### About this task
Exactly the lines starting at the line containing "all-Starting m n (s" and ending at the line containing "-- The masked message is" are to be written out from the listing below, both included.

== Data shown ==

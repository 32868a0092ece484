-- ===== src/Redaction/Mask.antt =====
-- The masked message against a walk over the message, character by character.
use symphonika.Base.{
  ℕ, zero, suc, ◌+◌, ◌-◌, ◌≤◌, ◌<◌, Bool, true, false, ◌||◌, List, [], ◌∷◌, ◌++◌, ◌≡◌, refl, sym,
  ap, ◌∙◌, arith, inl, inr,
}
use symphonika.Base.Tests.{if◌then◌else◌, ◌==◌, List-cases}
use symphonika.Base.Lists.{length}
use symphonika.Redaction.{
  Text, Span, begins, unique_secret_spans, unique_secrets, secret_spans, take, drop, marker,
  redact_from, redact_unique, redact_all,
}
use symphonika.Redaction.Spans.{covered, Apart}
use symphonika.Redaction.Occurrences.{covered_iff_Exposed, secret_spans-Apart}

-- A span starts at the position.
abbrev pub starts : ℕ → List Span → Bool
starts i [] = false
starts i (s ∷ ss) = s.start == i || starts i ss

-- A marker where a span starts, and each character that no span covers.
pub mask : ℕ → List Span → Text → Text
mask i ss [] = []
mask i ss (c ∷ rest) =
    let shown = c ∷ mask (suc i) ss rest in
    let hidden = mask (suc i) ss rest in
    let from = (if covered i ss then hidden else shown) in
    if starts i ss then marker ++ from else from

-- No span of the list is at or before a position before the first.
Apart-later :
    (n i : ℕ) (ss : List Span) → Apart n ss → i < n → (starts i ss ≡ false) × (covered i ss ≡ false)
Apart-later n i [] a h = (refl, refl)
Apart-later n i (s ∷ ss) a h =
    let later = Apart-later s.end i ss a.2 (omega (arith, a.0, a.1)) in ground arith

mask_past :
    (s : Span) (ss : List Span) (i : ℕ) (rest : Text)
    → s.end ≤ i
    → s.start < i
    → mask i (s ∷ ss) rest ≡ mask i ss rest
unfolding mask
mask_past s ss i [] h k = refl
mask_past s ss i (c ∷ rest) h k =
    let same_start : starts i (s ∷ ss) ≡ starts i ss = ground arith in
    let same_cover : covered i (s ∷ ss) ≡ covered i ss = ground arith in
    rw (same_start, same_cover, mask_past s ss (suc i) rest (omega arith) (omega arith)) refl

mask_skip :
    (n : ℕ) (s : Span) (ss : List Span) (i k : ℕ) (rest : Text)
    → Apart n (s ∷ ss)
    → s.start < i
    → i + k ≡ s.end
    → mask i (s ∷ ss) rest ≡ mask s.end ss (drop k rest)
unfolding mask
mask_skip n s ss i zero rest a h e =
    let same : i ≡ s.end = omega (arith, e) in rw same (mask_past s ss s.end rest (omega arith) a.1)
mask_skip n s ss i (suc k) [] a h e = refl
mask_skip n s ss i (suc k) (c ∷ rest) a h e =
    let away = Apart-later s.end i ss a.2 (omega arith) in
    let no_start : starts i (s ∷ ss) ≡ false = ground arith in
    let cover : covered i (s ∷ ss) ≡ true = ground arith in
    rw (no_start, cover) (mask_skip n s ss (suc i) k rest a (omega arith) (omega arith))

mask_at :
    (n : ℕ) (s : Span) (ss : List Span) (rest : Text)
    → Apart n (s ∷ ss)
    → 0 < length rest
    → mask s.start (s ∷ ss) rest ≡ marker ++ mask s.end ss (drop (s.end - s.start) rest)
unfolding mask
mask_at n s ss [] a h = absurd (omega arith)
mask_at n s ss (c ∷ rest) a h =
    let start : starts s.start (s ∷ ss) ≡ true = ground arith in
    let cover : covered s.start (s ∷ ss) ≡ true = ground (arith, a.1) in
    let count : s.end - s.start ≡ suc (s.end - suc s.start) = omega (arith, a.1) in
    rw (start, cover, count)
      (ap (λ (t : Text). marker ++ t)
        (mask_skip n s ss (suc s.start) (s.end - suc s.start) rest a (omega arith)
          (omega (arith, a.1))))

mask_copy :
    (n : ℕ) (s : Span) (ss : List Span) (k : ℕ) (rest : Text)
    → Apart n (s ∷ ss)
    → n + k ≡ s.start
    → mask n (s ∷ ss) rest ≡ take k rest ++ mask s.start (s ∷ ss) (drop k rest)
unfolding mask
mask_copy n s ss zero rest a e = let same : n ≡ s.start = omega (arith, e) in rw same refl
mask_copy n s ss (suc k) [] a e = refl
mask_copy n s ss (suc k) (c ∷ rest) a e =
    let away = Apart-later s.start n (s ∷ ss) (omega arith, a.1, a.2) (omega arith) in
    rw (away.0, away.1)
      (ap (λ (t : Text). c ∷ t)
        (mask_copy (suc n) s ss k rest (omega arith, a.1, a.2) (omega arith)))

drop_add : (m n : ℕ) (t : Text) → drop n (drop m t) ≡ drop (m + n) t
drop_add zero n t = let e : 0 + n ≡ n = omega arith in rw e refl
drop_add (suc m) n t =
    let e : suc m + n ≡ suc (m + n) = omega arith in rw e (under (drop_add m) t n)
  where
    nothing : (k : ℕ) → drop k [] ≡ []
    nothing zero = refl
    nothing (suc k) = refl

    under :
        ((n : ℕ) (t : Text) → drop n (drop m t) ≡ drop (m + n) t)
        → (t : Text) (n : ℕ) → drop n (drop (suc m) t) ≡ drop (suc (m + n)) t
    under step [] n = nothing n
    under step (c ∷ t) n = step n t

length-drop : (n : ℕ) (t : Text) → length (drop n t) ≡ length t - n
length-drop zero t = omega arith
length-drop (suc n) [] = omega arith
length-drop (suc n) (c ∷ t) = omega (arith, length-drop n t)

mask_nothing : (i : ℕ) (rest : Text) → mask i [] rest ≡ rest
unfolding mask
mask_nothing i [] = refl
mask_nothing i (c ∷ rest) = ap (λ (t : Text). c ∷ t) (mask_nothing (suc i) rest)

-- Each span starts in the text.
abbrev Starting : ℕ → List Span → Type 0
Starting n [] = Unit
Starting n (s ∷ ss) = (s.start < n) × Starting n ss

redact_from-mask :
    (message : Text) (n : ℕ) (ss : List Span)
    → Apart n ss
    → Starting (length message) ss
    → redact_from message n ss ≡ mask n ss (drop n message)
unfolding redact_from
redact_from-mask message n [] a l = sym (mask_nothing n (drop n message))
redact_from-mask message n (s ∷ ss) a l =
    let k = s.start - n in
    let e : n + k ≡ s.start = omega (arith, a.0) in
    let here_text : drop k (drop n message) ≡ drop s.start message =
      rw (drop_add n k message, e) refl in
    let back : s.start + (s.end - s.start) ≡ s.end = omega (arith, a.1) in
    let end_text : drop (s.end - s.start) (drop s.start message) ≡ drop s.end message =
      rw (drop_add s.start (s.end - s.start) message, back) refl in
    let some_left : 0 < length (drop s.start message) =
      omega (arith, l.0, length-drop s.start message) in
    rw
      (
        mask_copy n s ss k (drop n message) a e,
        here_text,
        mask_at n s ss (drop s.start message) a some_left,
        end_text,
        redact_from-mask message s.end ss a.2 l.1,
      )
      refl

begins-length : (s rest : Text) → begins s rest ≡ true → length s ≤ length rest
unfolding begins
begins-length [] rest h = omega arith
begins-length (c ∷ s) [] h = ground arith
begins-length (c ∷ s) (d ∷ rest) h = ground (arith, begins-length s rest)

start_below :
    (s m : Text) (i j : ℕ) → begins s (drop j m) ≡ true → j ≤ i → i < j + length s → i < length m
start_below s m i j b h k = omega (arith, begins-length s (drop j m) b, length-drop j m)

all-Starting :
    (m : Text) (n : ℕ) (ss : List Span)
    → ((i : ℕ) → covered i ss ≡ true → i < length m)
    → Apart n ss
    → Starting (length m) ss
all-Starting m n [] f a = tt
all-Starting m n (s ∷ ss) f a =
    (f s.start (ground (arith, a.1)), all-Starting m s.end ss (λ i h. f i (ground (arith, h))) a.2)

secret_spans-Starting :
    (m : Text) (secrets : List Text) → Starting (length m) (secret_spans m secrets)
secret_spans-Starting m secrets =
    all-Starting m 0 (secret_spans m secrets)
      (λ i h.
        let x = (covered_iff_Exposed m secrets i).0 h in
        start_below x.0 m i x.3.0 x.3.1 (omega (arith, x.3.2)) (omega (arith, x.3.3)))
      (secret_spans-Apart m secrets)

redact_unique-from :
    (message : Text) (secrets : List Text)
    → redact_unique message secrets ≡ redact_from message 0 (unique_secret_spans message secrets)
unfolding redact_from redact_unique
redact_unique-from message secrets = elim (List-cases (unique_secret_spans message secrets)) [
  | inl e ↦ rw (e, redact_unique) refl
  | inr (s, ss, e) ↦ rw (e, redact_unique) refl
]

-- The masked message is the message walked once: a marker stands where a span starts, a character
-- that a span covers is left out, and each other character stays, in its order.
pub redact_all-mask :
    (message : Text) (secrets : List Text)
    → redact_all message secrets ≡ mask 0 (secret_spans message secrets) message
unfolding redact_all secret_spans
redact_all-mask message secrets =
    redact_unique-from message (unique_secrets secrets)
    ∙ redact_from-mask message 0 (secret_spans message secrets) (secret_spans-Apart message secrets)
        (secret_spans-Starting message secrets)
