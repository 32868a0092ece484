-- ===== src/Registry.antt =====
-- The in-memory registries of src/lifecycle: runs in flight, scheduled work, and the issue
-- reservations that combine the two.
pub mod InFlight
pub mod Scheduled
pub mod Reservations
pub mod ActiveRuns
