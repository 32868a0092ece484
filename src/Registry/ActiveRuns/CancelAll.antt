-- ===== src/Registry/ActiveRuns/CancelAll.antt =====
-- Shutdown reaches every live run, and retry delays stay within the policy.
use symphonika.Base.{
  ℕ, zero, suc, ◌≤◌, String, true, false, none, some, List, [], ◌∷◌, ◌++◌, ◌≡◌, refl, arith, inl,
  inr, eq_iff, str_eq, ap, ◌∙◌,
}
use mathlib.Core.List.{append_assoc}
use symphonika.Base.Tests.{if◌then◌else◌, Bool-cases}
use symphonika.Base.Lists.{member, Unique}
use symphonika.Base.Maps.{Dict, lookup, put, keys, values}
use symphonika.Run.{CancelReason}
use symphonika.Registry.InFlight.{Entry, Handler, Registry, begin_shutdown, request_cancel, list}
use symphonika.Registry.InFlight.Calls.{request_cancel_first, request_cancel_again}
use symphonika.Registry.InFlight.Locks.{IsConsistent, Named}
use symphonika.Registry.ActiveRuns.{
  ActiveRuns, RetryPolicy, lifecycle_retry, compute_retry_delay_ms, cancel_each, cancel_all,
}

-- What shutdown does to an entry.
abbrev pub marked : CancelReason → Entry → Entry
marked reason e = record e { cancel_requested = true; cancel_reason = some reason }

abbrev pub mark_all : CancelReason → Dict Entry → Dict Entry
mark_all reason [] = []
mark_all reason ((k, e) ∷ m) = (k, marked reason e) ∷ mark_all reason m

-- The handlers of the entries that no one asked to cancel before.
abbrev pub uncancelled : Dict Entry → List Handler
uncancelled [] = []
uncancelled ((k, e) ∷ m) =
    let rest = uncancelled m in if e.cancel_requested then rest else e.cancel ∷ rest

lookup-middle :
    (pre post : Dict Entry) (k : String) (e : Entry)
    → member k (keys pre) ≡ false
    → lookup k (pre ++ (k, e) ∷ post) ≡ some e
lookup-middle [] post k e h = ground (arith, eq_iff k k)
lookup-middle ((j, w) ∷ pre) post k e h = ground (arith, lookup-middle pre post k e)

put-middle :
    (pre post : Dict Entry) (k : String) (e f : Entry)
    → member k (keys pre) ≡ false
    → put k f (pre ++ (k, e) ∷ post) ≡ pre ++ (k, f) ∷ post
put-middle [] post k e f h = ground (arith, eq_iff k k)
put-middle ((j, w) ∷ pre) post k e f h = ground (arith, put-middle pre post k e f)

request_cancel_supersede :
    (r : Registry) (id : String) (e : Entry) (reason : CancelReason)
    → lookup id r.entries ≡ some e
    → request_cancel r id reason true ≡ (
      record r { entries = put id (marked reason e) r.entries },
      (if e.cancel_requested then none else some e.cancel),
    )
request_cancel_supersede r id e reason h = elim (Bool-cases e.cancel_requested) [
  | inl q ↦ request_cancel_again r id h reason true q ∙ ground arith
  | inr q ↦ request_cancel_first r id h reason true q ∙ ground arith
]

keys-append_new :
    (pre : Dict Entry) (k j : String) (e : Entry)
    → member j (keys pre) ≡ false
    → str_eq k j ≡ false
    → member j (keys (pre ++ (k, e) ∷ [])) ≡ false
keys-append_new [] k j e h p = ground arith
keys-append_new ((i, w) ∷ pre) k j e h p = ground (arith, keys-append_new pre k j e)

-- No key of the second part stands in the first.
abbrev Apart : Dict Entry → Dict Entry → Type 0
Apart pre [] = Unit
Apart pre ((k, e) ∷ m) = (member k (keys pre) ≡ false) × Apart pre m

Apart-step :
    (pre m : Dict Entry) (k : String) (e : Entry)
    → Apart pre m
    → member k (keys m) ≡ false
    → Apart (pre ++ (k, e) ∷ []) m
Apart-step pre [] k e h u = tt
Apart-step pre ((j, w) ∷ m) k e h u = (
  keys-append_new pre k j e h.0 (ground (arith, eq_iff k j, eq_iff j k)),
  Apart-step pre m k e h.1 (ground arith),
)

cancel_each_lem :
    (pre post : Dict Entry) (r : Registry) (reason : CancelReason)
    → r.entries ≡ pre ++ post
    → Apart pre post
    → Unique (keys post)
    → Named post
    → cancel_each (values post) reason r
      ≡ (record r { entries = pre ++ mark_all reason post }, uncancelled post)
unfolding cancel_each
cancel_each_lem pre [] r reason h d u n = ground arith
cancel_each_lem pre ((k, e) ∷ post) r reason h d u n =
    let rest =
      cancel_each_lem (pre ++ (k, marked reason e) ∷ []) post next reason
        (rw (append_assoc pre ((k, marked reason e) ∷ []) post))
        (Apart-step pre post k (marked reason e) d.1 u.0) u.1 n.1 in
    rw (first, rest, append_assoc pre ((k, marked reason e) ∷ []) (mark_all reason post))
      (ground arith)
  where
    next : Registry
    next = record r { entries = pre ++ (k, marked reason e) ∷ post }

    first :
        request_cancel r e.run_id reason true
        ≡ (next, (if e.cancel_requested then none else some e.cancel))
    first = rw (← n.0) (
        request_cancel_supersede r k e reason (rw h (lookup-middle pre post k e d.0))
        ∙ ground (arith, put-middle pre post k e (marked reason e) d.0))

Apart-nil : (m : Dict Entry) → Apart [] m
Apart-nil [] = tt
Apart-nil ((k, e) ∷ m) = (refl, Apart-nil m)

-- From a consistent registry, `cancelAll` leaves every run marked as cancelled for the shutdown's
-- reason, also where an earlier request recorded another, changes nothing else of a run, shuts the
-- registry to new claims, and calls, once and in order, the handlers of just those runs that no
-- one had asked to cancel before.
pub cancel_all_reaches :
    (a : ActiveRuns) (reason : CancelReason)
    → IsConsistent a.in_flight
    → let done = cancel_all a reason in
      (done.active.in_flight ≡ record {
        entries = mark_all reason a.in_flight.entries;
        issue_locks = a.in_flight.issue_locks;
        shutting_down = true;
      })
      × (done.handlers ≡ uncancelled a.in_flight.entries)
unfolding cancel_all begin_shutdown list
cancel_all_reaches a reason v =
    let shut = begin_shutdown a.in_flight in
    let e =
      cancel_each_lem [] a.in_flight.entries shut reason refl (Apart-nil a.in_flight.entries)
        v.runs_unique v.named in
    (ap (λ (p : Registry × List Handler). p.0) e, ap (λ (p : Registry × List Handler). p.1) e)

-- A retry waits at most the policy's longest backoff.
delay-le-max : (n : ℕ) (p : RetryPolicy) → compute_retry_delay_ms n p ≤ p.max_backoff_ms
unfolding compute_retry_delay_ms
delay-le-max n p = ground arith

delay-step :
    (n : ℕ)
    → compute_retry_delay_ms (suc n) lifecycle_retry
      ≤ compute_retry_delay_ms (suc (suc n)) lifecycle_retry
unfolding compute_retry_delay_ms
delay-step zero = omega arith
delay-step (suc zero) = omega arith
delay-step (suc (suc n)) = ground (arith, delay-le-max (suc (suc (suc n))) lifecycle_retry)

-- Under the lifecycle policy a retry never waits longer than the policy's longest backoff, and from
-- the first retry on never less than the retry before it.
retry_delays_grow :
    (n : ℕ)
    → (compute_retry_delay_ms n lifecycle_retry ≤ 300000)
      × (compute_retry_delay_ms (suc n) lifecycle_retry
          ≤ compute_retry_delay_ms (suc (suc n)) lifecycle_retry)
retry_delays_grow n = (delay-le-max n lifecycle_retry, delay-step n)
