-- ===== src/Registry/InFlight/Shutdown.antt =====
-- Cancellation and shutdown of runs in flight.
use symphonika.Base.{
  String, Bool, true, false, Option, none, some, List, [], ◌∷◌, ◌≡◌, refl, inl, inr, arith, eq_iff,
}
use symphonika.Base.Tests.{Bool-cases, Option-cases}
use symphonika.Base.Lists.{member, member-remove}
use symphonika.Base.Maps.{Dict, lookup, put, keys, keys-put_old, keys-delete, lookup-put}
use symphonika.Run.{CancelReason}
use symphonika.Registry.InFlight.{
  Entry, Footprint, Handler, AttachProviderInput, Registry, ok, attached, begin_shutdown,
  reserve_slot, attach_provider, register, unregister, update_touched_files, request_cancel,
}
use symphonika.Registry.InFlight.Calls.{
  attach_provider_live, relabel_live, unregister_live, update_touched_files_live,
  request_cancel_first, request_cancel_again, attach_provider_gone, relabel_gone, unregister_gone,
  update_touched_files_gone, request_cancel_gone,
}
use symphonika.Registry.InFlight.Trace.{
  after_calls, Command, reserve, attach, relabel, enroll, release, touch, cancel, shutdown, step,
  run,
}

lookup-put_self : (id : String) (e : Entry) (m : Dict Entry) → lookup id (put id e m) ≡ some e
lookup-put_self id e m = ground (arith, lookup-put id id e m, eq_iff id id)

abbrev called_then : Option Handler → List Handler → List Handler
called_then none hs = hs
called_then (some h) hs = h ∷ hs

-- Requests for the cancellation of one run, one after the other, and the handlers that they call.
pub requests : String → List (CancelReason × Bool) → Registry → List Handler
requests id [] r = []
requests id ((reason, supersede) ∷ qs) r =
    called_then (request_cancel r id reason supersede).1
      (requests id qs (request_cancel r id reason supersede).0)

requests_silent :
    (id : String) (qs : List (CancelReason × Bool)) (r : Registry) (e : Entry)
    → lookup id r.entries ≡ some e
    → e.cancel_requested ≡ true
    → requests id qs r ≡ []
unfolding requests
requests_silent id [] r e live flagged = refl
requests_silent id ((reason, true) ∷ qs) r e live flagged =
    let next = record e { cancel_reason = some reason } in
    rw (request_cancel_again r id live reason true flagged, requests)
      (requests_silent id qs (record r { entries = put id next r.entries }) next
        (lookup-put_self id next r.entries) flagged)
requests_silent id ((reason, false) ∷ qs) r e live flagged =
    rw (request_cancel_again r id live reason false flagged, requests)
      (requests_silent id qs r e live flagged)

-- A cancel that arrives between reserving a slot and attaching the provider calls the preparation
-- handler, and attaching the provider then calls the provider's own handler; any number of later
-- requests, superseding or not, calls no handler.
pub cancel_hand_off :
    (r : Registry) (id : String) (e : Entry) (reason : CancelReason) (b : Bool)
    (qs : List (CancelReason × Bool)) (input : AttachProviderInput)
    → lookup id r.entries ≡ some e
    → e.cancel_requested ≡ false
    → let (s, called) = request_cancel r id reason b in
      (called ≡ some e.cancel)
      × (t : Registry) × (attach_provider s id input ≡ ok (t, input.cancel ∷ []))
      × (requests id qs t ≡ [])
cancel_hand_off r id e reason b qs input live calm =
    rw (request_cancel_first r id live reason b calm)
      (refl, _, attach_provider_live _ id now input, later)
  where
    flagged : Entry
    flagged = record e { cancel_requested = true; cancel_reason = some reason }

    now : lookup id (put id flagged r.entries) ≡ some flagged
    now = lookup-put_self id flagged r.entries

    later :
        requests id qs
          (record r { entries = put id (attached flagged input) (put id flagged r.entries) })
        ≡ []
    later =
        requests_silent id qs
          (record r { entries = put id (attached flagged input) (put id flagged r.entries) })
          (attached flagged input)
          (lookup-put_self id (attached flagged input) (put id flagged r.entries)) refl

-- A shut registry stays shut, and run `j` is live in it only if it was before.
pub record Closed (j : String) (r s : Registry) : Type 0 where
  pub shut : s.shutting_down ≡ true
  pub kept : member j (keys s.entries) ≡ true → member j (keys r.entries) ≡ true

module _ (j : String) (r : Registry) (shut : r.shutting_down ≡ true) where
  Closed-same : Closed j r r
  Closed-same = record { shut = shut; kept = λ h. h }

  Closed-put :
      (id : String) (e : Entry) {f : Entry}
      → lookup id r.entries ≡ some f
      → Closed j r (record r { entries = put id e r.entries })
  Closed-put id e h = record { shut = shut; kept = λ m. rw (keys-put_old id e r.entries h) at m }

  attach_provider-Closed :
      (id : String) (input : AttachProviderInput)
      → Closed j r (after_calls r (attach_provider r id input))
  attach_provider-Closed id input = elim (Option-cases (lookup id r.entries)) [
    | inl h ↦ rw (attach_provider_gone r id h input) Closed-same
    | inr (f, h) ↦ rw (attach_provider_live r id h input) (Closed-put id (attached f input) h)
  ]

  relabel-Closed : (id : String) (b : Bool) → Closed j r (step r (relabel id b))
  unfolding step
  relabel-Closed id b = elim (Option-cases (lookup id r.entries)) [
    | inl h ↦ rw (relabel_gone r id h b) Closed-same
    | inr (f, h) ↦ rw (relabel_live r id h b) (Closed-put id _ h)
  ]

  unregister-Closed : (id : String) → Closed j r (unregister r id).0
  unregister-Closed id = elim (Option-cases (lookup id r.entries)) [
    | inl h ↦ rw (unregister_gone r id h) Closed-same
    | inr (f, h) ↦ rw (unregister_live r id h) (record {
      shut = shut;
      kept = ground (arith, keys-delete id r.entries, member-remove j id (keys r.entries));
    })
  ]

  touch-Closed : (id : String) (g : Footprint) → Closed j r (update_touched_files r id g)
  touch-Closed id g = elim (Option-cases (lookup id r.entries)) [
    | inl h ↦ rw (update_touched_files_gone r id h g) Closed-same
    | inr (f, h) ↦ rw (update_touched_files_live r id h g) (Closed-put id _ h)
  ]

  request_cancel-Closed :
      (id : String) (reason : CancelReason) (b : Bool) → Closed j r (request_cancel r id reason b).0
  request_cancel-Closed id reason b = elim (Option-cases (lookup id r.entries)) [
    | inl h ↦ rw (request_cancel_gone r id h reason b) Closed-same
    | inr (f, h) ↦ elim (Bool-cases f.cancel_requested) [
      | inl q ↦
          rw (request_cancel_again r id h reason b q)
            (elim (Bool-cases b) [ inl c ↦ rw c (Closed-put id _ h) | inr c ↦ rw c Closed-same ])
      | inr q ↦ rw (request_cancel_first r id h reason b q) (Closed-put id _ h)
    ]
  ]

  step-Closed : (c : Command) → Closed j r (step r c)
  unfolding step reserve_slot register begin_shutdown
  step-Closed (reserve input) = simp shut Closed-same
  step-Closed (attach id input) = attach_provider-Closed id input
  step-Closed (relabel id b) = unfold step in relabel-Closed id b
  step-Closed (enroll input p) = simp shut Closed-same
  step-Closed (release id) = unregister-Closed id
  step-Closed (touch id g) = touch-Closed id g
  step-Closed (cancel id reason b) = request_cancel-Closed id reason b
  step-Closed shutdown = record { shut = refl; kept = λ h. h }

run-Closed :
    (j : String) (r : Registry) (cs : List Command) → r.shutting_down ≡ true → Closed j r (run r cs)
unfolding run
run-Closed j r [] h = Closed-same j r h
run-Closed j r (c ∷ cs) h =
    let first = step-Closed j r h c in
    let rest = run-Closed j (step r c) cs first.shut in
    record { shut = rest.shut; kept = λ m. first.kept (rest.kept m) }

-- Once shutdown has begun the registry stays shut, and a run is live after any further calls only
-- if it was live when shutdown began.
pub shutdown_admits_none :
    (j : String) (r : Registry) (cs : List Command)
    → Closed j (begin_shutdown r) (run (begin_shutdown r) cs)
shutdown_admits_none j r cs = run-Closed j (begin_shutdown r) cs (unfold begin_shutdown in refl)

===

### Exercise response
all-Starting m n (s ∷ ss) f a =
    (f s.start (ground (arith, a.1)), all-Starting m s.end ss (λ i h. f i (ground (arith, h))) a.2)

secret_spans-Starting :
    (m : Text) (secrets : List Text) → Starting (length m) (secret_spans m secrets)
secret_spans-Starting m secrets =
    all-Starting m 0 (secret_spans m secrets)
      (λ i h.
        let x = (covered_iff_Exposed m secrets i).0 h in
        start_below x.0 m i x.3.0 x.3.1 (omega (arith, x.3.2)) (omega (arith, x.3.3)))
      (secret_spans-Apart m secrets)

redact_unique-from :
    (message : Text) (secrets : List Text)
    → redact_unique message secrets ≡ redact_from message 0 (unique_secret_spans message secrets)
unfolding redact_from redact_unique
redact_unique-from message secrets = elim (List-cases (unique_secret_spans message secrets)) [
  | inl e ↦ rw (e, redact_unique) refl
  | inr (s, ss, e) ↦ rw (e, redact_unique) refl
]

-- The masked message is the message walked once: a marker stands where a span starts, a character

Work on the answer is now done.